Now 37 years old, Olie Kolzig reported to training camp Thursday looking as spry as he did when he was 27. The body still has plenty of gas in the tank, and the mind - at least in a hockey sense - feels much better now that the Capitals are no longer expected to be among the dregs of the NHL.

"I'm a vintage car. I can keep going," Kolzig said. "My body feels fine, and the mind this year feels good, too. With the potential we have, going onto the ice gives you a little bit of a piece of mind. It's not, 'Oh, it's going to be a long night, go out and get through it, there are better days ahead.'

"These are the better days. So there's that optimism and enthusiasm that maybe I haven't had the last couple of years."

Kolzig made his Capitals debut in 1989, became the full-time starter in 1997, played in the Stanley Cup loss to Detroit in 1998 and has been with no other NHL team in a career that includes two all-star appearances and 276 victories. He and Martin Brodeur are the only active goalies with 250-plus wins to get them all with the same team.

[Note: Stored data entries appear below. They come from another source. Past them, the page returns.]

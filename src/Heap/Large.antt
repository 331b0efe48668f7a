-- ===== src/Heap/Large.antt =====
-- A request of `kmalloc` of kernel/util.c that is larger than the memory it adds to the heap.
use siathos.Prelude.{
  ℕ, ◌+◌, ◌-◌, ◌*◌, ◌^◌, ◌<◌, ◌≤◌, ◌≡◌, inl, inr, refl, sym, ap, ◌∙◌, true, false, not, ◌||◌,
  Option, none, some, List, [], ◌∷◌, ◌++◌, ◌==◌, if◌then◌else◌, arith, Bool-cases,
}
use siathos.Heap.{
  Block, Heap, header, round_up, fits, taken, behind, take_first, grown, answer, kmalloc,
}

-- The heap with every stretch of 256 pages of the list at its end.
pub grown_by : List ℕ → Heap → Heap
grown_by [] h = h
grown_by (p ∷ more) h = grown_by more (grown p h)

behind-none : (b : Block) (o : Option (ℕ × List Block)) → behind b o ≡ none → o ≡ none
behind-none b none e = refl
behind-none b (some (a, bs)) e = absurd (ground (arith, e))

take_first-grown :
    (size : ℕ) (bs : List Block) (n : Block)
    → n.size < size
    → take_first size bs ≡ none
    → take_first size (bs ++ (n ∷ [])) ≡ none
unfolding take_first
take_first-grown size [] n lt e = ground (arith, lt)
take_first-grown size (b ∷ bs) n lt e = elim (Bool-cases (fits size b)) [
  | inl on ↦ absurd (ground (arith, sym (ap (λ x. if x then found else later) on) ∙ e))
  | inr off ↦
      let rest =
        take_first-grown size bs n lt (
          behind-none b (take_first size bs)
            (sym (ap (λ x. if x then found else later) off) ∙ e)) in
      ap
        (λ x.
          if x
          then some (b.addr + header, taken size b (bs ++ (n ∷ [])))
          else behind b (take_first size (bs ++ (n ∷ []))))
        off
      ∙ ap (behind b) rest
]
  where
    found : Option (ℕ × List Block)
    found = some (b.addr + header, taken size b bs)

    later : Option (ℕ × List Block)
    later = behind b (take_first size bs)

round_up-round_up : (size : ℕ) → size ≤ 2 ^ 63 → round_up (round_up size) ≡ round_up size
round_up-round_up size le = omega (arith, le)

round_up_bounds : (size : ℕ) → size ≤ 2 ^ 63 → (size ≤ round_up size) × (round_up size ≤ 2 ^ 63)
round_up_bounds size le = (omega (arith, le), omega (arith, le))

open_for :
    (size : ℕ) (h : Heap)
    → 256 * 4096 - header < size
    → h.ready ≡ true
    → not h.ready || size == 0 ≡ false
open_for size h big on = ground (arith, on, big)

-- A request of more than 256 pages less the header, and of at most 2^63 bytes, that no block of the
-- heap can serve fails, and it has moved all the memory that `pmm_alloc` still gives, 256 pages at a
-- time, into the heap.
pub kmalloc-grown_by :
    (more : List ℕ) (size : ℕ) (h : Heap)
    → 256 * 4096 - header < size
    → size ≤ 2 ^ 63
    → h.ready ≡ true
    → take_first (round_up size) h.blocks ≡ none
    → kmalloc more size h ≡ (none, grown_by more h)
unfolding kmalloc grown_by
kmalloc-grown_by [] size h big le on e =
    ap (λ b. if b then (none, h) else answer (take_first (round_up size) h.blocks) h (none, h))
      (open_for size h big on)
    ∙ ap (λ o. answer o h (none, h)) e
kmalloc-grown_by (p ∷ more) size h big le on e =
    ap (λ b. if b then (none, h) else answer (take_first (round_up size) h.blocks) h rest)
      (open_for size h big on)
    ∙ (ap (λ o. answer o h rest) e
        ∙ kmalloc-grown_by more (round_up size) (grown p h)
            (omega (arith, big, (round_up_bounds size le).0)) (round_up_bounds size le).1 on
            (ap (λ n. take_first n (grown p h).blocks) (round_up-round_up size le)
              ∙ take_first-grown (round_up size) h.blocks
                  (record { addr = p; size = 256 * 4096 - header; free = true })
                  (omega (arith, big, (round_up_bounds size le).0)) e))
  where
    rest : Option ℕ × Heap
    rest = kmalloc more (round_up size) (grown p h)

"Nothing surprises me with Olie," coach Glen Hanlon said. "There's a real fire in his belly. He's gone though a couple of hard years. He's been here when this organization was in the final and I know how much he wants to get back there. He is a huge part of our success, and we're looking forward to riding him again."

Kolzig is congenial when he wants to be, fiery when he has to be. He'd be the team captain if NHL rules allowed goalies to wear the "C." He's the big name the Capitals kept around when they were dumping salaries in 2004, and he expressed his faith in the franchise's loss-heavy rebuilding plan when he signed a contract extension in 2006.

Now he's ready for the patience to pay off. After back-to-back last-place finishes in the Southeast Division with a low payroll, the Capitals are poised to improve. The younger players have matured, and a handful of free agents were signed to take some of the load off of rising star Alex Ovechkin.

"We knew there were going to be some growing pains the last two years," Kolzig said. "We've gone through them. We've learned a lot, and we've become pretty close as a team, and now to add these quality players, it's a great feeling. It kind of justifies why I stayed - because I honestly did believe that we were eventually going to be a competitive team again."

The plan relies on Kolzig to maintain his top form for at least another season or two. That should be no problem, given that goalies such as Dominik Hasek have played into their 40s, but Kolzig is finding that age requires him to do quite a bit more work before taking the ice.

"Before, I'd just come to the rink with a coffee, sit in the middle of the room and stretch, put on my gear and go," he said. "Now I've got to sit in the hot tub, I've got to get a massage, I got to ride the bike, I've got to stretch, I've got to stretch again. The process is a lot longer."

The hot tub and massage are easier to get now that the Capitals have a permanent place to call home. They moved into a new, still-not-quite-finished practice facility in the middle of last season - they had to use space heaters in the locker-room to stay warm - but now the complex is finished and so state-of-the-art that it can't help but give the team a psychological boost.

"Last year, we were kind of vagabonds," Kolzig said. "We just went to what was available, and we didn't have the cushy comforts that we have here. Not to say that this is going to spoil us, but it's going to put us in better physical condition to go on the ice and compete."